The Conference on Computer Vision and Pattern Recognition (CVPR) is a world-renowned conference in the field of artificial intelligence (AI) and machine learning. Samsung R&D Institute China - Beijing (SRC-B) achieved excellent results in the New Trends in Image Restoration and Enhancement (NTIRE) workshop and Action Learning From Realistic Environments and Directives (ALFRED) workshop at CVPR 2022. This represents new breakthroughs for SRC-B in the fields of image restoration and enhancement, as well as Embodied AI.
The NTIRE workshop has been the most influential global competition in the field of computer image restoration, enhancement, and manipulation in recent years. It aims to provide an overview of the new trends and advances in these areas.
SRC-B took part in and ranked third in Track 2 of the NTIRE 2022 Burst Super-Resolution challenge. The competition attracted a large number of followers and participants from the industry and academia, and over 14 teams participated in the final testing phase.
The NTIRE 2022 Burst Super-Resolution challenge aims to promote further research in the burst super-resolution task and establish the current state-of-the-art. The task required performing joint denoising, demosaicing, and super-resolution, which are fundamental steps in image signal processing (ISP). The challenge contained two tracks; Track 1 focused on synthetic bursts, while Track 2 employed real-world bursts. The difference between the two was that while Track 1 had an accurate pixel-wise ground truth for quantitative evaluation, Track 2 was ranked only using a human study, which made it more challenging.
Instead of only capturing a single picture, burst mode shooting captures multiple photos of a scene in quick succession. It also provides the possibility for combining information from multiple images to generate a single image of higher quality. The NTIRE 2022 Burst Super-Resolution challenge allows for a recovery of a higher resolution image of the scene by merging information from multiple low-resolution samplings.

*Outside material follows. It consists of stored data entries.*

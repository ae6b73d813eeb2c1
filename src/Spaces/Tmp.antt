-- ===== src/Spaces/Tmp.antt =====
-- `page_insert`, the temporary pages and the page tables: kernel/memory/virtual.h and virtual.cpp.
use makarna_x.Base.{
  ℕ, ◌+◌, ◌-◌, ◌*◌, ◌/◌, ◌%◌, ◌^◌, Bool, true, false, ◌&&◌, Option, none, some, ◌==◌, ltb, leb,
  if◌then◌else◌, is_some,
}
use makarna_x.DenemeFs.Store.{Outcome, done, stop}
use makarna_x.Memory.Pages.{Memory, refcount_inc, inc32, dec32, page_alloc, page_free}
use makarna_x.Memory.Virtual.{
  Pte, PageDirInfo, pdx, round_down, page_get, page_remove, put_pte, no_pte, counted, enomem,
}
use makarna_x.Flow.{Call, pure, fail, halt, ◌>>=◌, ◌>>◌, get, assert, when, modify, must, branch}
use makarna_x.Spaces.State.{
  Space, Vm, put_space, on, on_memory, bitmap_find_first_zero, bitmap_set, bitmap_reset,
  bitmap_test,
}

-- PTE_t(p->addr(), perm)
abbrev pub pte_of : ℕ → ℕ → Pte
pte_of p perm = record { present = perm % 2 == 1; perm = perm % 4096; page = p }

-- The count of the area of an address, one up.
abbrev pub raise_area : Bool → Bool → PageDirInfo → Option PageDirInfo
raise_area true k d = some (record d { count_user = inc32 d.count_user })
raise_area false true d = some (record d { count_kernel = inc32 d.count_kernel })
raise_area false false d = none

abbrev pub count_up : PageDirInfo → ℕ → Option PageDirInfo
count_up d v =
    raise_area (leb d.layout.user_base v && ltb v d.layout.user_top)
      (leb d.layout.kernel_base v && ltb v d.layout.kernel_top) d

-- `page_insert` from `refcount_inc` on, with what that gives.
abbrev pub link_page : ℕ → ℕ → ℕ → PageDirInfo → Option (ℕ × Memory) → Outcome ℕ × PageDirInfo
link_page p va perm d none = (stop, d)
link_page p va perm d (some (rc, m)) =
    counted rc d (count_up (put_pte (record d { memory = m }) va (pte_of p perm)) (round_down va))

-- if (pte->present) { r = page_remove(va, 1); ASSERT(r > -1); }
abbrev pub remove_old : ℕ → Bool → Call PageDirInfo (Unit {0})
remove_old va b = when b (do _ ← must (page_remove va); pure tt)

-- `page_insert` of the page `p`, with the entry of the address.
abbrev pub insert_entry : ℕ → ℕ → ℕ → Pte → Call PageDirInfo ℕ
insert_entry p va perm pte = do
  remove_old va pte.present
  λ d. link_page p va perm d (refcount_inc d.memory p)

-- `page_insert` where the page table is there; without one it stops.
abbrev pub insert_at : ℕ → ℕ → ℕ → Option Pte → Call PageDirInfo ℕ
insert_at p va perm none = halt
insert_at p va perm (some pte) = insert_entry p va perm pte

unfoldable pub insert_page : ℕ → ℕ → ℕ → Call PageDirInfo ℕ
insert_page p va perm d = insert_at p va perm (page_get d va) d

abbrev pub tmp_page_at : Option ℕ → Call Vm ℕ
tmp_page_at none = fail enomem
tmp_page_at (some r) = do
  modify λ v. record v { tmp_pages = bitmap_set v.tmp_pages r }
  λ v. (done (v.areas.tmp_base + r * 4096), v)

-- `tmp_page_get`, with -ENOMEM of its caller for 0. The bitmap has 32 words.
unfoldable pub tmp_page_get : Call Vm ℕ
tmp_page_get v = tmp_page_at (bitmap_find_first_zero 32 0 v.tmp_pages) v

unfoldable pub tmp_page_put : ℕ → Call Vm (Unit {0})
tmp_page_put va = do
  v ← get
  let i = (va + 2 ^ 32 - v.areas.tmp_base) % 2 ^ 32 / 4096
  assert (bitmap_test v.tmp_pages i)
  modify λ u. record u { tmp_pages = bitmap_reset u.tmp_pages i }

abbrev pub page_or_enomem : Option ℕ → Call Vm ℕ
page_or_enomem none = fail enomem
page_or_enomem (some p) = pure p

-- `page_alloc` in the state of all spaces.
abbrev pub alloc_page : Call Vm ℕ
alloc_page = on_memory page_alloc >>= page_or_enomem

abbrev pub freed : Option Memory → Option (Unit {0} × Memory)
freed none = none
freed (some m) = some (tt, m)

abbrev pub free_page : ℕ → Call Vm (Unit {0})
free_page p = on_memory (λ m. freed (page_free m p))

-- From bad_tmp_page_alloc_map__page_alloc on.
abbrev pub put_back : ℕ → ℕ → Call Vm (ℕ × ℕ)
put_back va n = do tmp_page_put va; fail n

-- `tmp_page_alloc_map` with the page `p` for the address.
abbrev pub map_page : ℕ → ℕ → ℕ → Call Vm (ℕ × ℕ)
map_page perm va p =
    branch (on 0 (insert_page p va perm)) (λ rc. pure (p, va)) λ n. do free_page p; put_back va n

abbrev pub map_at : ℕ → ℕ → Call Vm (ℕ × ℕ)
map_at perm va = branch alloc_page (map_page perm va) (put_back va)

-- `tmp_page_alloc_map`, with the page and its address. The table of the temporary pages is made at
-- boot; without it `page_insert` and this function would call each other without end.
unfoldable pub tmp_page_alloc_map : ℕ → Call Vm (ℕ × ℕ)
unfolding tmp_page_get
tmp_page_alloc_map perm = tmp_page_get >>= map_at perm

unfoldable pub tmp_page_free : ℕ → Call Vm ℕ
unfolding tmp_page_put
tmp_page_free va = do
  v ← get
  assert (leb v.areas.tmp_base va && ltb va (v.spaces 0).info.layout.kernel_top)
  rc ← on 0 (page_remove va)
  tmp_page_put va
  pure rc

-- The new table of `pde_alloc`, all zero, at its address.
abbrev pub with_table : ℕ → ℕ → Space → Space
with_table pde va s = record s {
  info = record s.info {
    pgtables = λ i. if pde == i then some (λ j. no_pte) else s.info.pgtables i;
    count_kernel = inc32 s.info.count_kernel;
  };
  table_va = λ i. if pde == i then va else s.table_va i;
}

unfoldable pub pde_alloc : ℕ → ℕ → Call Vm (Unit {0})
unfolding tmp_page_alloc_map
pde_alloc k pde =
    branch (tmp_page_alloc_map 3) (λ r. modify λ v. put_space v k (with_table pde r.1 (v.spaces k)))
      λ n. fail enomem

abbrev pub without_table : ℕ → Space → Space
without_table pde s = record s {
  info = record s.info {
    pgtables = λ i. if pde == i then none else s.info.pgtables i;
    count_kernel = dec32 s.info.count_kernel;
  };
}

-- `pde_free`. The address of a table that is not there is not that of a temporary page, so that the
-- ASSERT of `tmp_page_free` fails.
unfoldable pub pde_free : ℕ → ℕ → Call Vm (Unit {0})
unfolding tmp_page_free
pde_free k pde = do
  v ← get
  assert (is_some ((v.spaces k).info.pgtables pde))
  rc ← must (tmp_page_free ((v.spaces k).table_va pde))
  assert (rc == 0)
  modify λ u. put_space u k (without_table pde (u.spaces k))

-- The part of `page_get_c` that makes the table.
unfoldable pub make_table : ℕ → ℕ → Call Vm (Unit {0})
unfolding pde_alloc
make_table k va v =
    (elim ((v.spaces k).info.pgtables (pdx va)) as (λ x. Call Vm (Unit {0})) [
      | none ↦ pde_alloc k (pdx va)
      | some e ↦ pure tt
    ])
      v

-- `page_insert` into the directory `k`. The table that `page_get_c` makes is there afterwards.
unfoldable pub page_insert : ℕ → ℕ → ℕ → ℕ → Call Vm ℕ
unfolding make_table insert_page
page_insert k p va perm = do make_table k va; on k (insert_page p va perm)

-- `page_alloc_insert`
unfoldable pub page_alloc_insert : ℕ → ℕ → ℕ → Call Vm ℕ
unfolding page_insert
page_alloc_insert k va perm = do
  p ← alloc_page
  branch (page_insert k p va perm) pure λ n. do free_page p; fail n
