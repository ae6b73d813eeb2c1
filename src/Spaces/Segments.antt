-- ===== src/Spaces/Segments.antt =====
-- The functions of `PageDirInfo` on ranges: `segment_alloc`, `copy_pages`, `link_pgtables` and
-- `link_pages` of kernel/memory/virtual.cpp. A range is given by its first address and its number of
-- pages.
use makarna_x.Base.{
  ℕ, zero, suc, ◌+◌, ◌-◌, ◌*◌, ◌/◌, ◌%◌, ◌^◌, ◌&&◌, Option, none, some, ◌==◌, leb, ltb,
  if◌then◌else◌,
}
use makarna_x.Memory.Pages.{mem_free}
use makarna_x.Memory.Virtual.{Pte, pdx, round_down, round_up, page_get, page_remove, enomem}
use makarna_x.Flow.{Call, pure, fail, ◌>>=◌, ◌>>◌, get, assert, modify, must, branch}
use makarna_x.Spaces.State.{Space, Vm, put_space, on}
use makarna_x.Spaces.Tmp.{
  alloc_page, free_page, page_insert, tmp_page_alloc_map, tmp_page_free, pde_free,
}

-- One round of the loop of `segment_alloc`: a new page at `i`.
unfoldable pub alloc_at : ℕ → ℕ → ℕ → Call Vm (Unit {0})
unfolding page_insert
alloc_at k i perm = do
  p ← alloc_page
  branch (page_insert k p i perm) (λ rc. pure tt) λ n. do free_page p; fail n

-- The pages of a failed `segment_alloc`, from `i` on: each had its only reference here.
unfoldable pub undo_pages : ℕ → ℕ → ℕ → Call Vm (Unit {0})
undo_pages zero k i = pure tt
undo_pages (suc n) k i = do
  rc ← must (on k (page_remove i))
  assert (rc == 0)
  undo_pages n k (i + 4096)

-- The loop over the tables from `pde` on.
unfoldable pub free_tables : ℕ → ℕ → ℕ → Call Vm (Unit {0})
free_tables zero k pde = pure tt
free_tables (suc n) k pde = do pde_free k pde; free_tables n k (suc pde)

-- From `bad_segment_alloc` on, with the pages inserted before: the ASSERTs compare with the state `u` at the start.
unfoldable pub bad_segment_alloc : ℕ → ℕ → ℕ → Vm → ℕ → Call Vm (Unit {0})
unfolding undo_pages free_tables
bad_segment_alloc k va pages u err = do
  undo_pages pages k va
  free_tables (pdx (va + pages * 4096) - pdx va) k (pdx va)
  v ← get
  assert ((v.spaces k).info.count_kernel == (u.spaces k).info.count_kernel)
  assert (mem_free v.memory == mem_free u.memory)
  fail err

-- The loop of `segment_alloc` with `n` pages left and `pages` done.
unfoldable pub alloc_loop : ℕ → ℕ → ℕ → ℕ → ℕ → Vm → Call Vm (Unit {0})
unfolding alloc_at bad_segment_alloc
alloc_loop zero k va pages perm u = pure tt
alloc_loop (suc n) k va pages perm u =
    branch (alloc_at k (va + pages * 4096) perm) (λ r. alloc_loop n k va (suc pages) perm u)
      (bad_segment_alloc k va pages u)

-- `segment_alloc`
unfoldable pub segment_alloc : ℕ → ℕ → ℕ → ℕ → Call Vm (Unit {0})
unfolding alloc_loop
segment_alloc k va len perm v =
    alloc_loop ((round_up ((va + len) % 2 ^ 32) - round_down va) / 4096) k (round_down va) 0 perm v
      v

-- memcpy of the page `p` from the page `q`.
abbrev pub copy_bytes : ℕ → ℕ → Vm → Vm
copy_bytes p q v = record v { bytes = λ x. if p == x then v.bytes q else v.bytes x }

-- `__copy_page_from_current`, for the page `q` that the address has in the running task.
unfoldable pub copy_page : ℕ → ℕ → ℕ → ℕ → Call Vm (Unit {0})
unfolding tmp_page_alloc_map tmp_page_free page_insert
copy_page dest va perm q = do
  r ← tmp_page_alloc_map 3
  modify (copy_bytes r.0 q)
  branch (page_insert dest r.0 va (perm % 8)) (λ rc. do _ ← must (tmp_page_free r.1); pure tt)
      λ n. do rc ← must (tmp_page_free r.1); assert (rc == 0); fail n

-- The page of an address, if it is there. `!pte | !pte->present` reads through a `pte` that is NULL,
-- and skips the page whatever it reads.
abbrev pub present_pte : Option Pte → Option Pte
present_pte none = none
present_pte (some pte) = if pte.present then some pte else none

abbrev pub copy_entry : ℕ → ℕ → Option Pte → Call Vm (Unit {0})
copy_entry dest va none = pure tt
copy_entry dest va (some pte) = copy_page dest va pte.perm pte.page

-- The loop of `copy_pages`, with the pages left.
unfoldable pub copy_loop : ℕ → ℕ → ℕ → ℕ → Call Vm (Unit {0})
unfolding copy_page
copy_loop zero dest src i = pure tt
copy_loop (suc n) dest src i = do
  v ← get
  copy_entry dest i (present_pte (page_get (v.spaces src).info i))
  copy_loop n dest src (i + 4096)

-- `copy_pages`: a PANIC if the source is not loaded.
unfoldable pub copy_pages : ℕ → ℕ → ℕ → ℕ → Call Vm (Unit {0})
unfolding copy_loop
copy_pages dest src start end = do
  v ← get
  assert (src == v.cr3)
  copy_loop ((end - start) / 4096) dest src start

-- `link_pgtables`, for the tables from that of `start` up to that of `end`.
abbrev pub shared_tables : ℕ → ℕ → Space → Space → Space
shared_tables start end src dest =
    let inside = λ (i : ℕ). leb (pdx start) i && ltb i (pdx end) in
    record dest {
      info = record dest.info {
        pgtables = λ i. if inside i then src.info.pgtables i else dest.info.pgtables i;
      };
      table_va = λ i. if inside i then src.table_va i else dest.table_va i;
    }

unfoldable pub link_pgtables : ℕ → ℕ → ℕ → ℕ → Call Vm (Unit {0})
link_pgtables dest src start end =
    modify λ v. put_space v dest (shared_tables start end (v.spaces src) (v.spaces dest))

abbrev pub link_entry : ℕ → ℕ → ℕ → Option Pte → Call Vm (Unit {0})
link_entry dest va perm none = pure tt
link_entry dest va perm (some pte) = do _ ← page_insert dest pte.page va perm; pure tt

-- The loop of `link_pages`, with the pages left.
unfoldable pub link_loop : ℕ → ℕ → ℕ → ℕ → ℕ → Call Vm (Unit {0})
unfolding page_insert
link_loop zero dest src i perm = pure tt
link_loop (suc n) dest src i perm = do
  v ← get
  link_entry dest i perm (present_pte (page_get (v.spaces src).info i))
  link_loop n dest src (i + 4096) perm

-- `link_pages`
unfoldable pub link_pages : ℕ → ℕ → ℕ → ℕ → ℕ → Call Vm (Unit {0})
unfolding link_loop free_tables
link_pages dest src start end perm =
    branch (link_loop ((end - start) / 4096) dest src start perm) pure
      λ n. do free_tables (pdx end - pdx start) dest (pdx start); fail enomem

The winning solution made important efforts in two areas. On the one hand, it helped narrow the domain gap between synthetic and real-world bursts, and on the other hand, it assisted in designing special loss functions to make the training process more stable and converge to the ideal effect.
Creating a robot capable of understanding human intentions has always been a long-term goal of the industry and academia. Recent developments in AI technologies, such as computer vision, natural language processing (NLP), and robotics, have encouraged researchers to explore this type of agent.
ALFRED is a new benchmark for learning mapping from natural language instructions and providing an egocentric vision to sequences of actions for household tasks. The ALFRED 2022 challenge required robots to understand human verbal instructions for completing household tasks by manipulating objects in the room. More than a dozen outstanding teams participated, and despite the fierce competition, SRC-B ranked third in the challenge, representing the top level and new breakthroughs in the Embodied AI field.
SRC-B is most interested in the in-home robot scenario because domestic robots must be able to effectively and accurately understand the user’s intentions and perform household activities, which must also be safe, controllable, and understandable for users.
Furthermore, it is never enough to drive the robot to interact with users by language understanding algorithm. SRC-B has also developed various interactive designs for such a robot, which can also use gestures and intelligent devices to interact, maximizing the advantages of its hardware.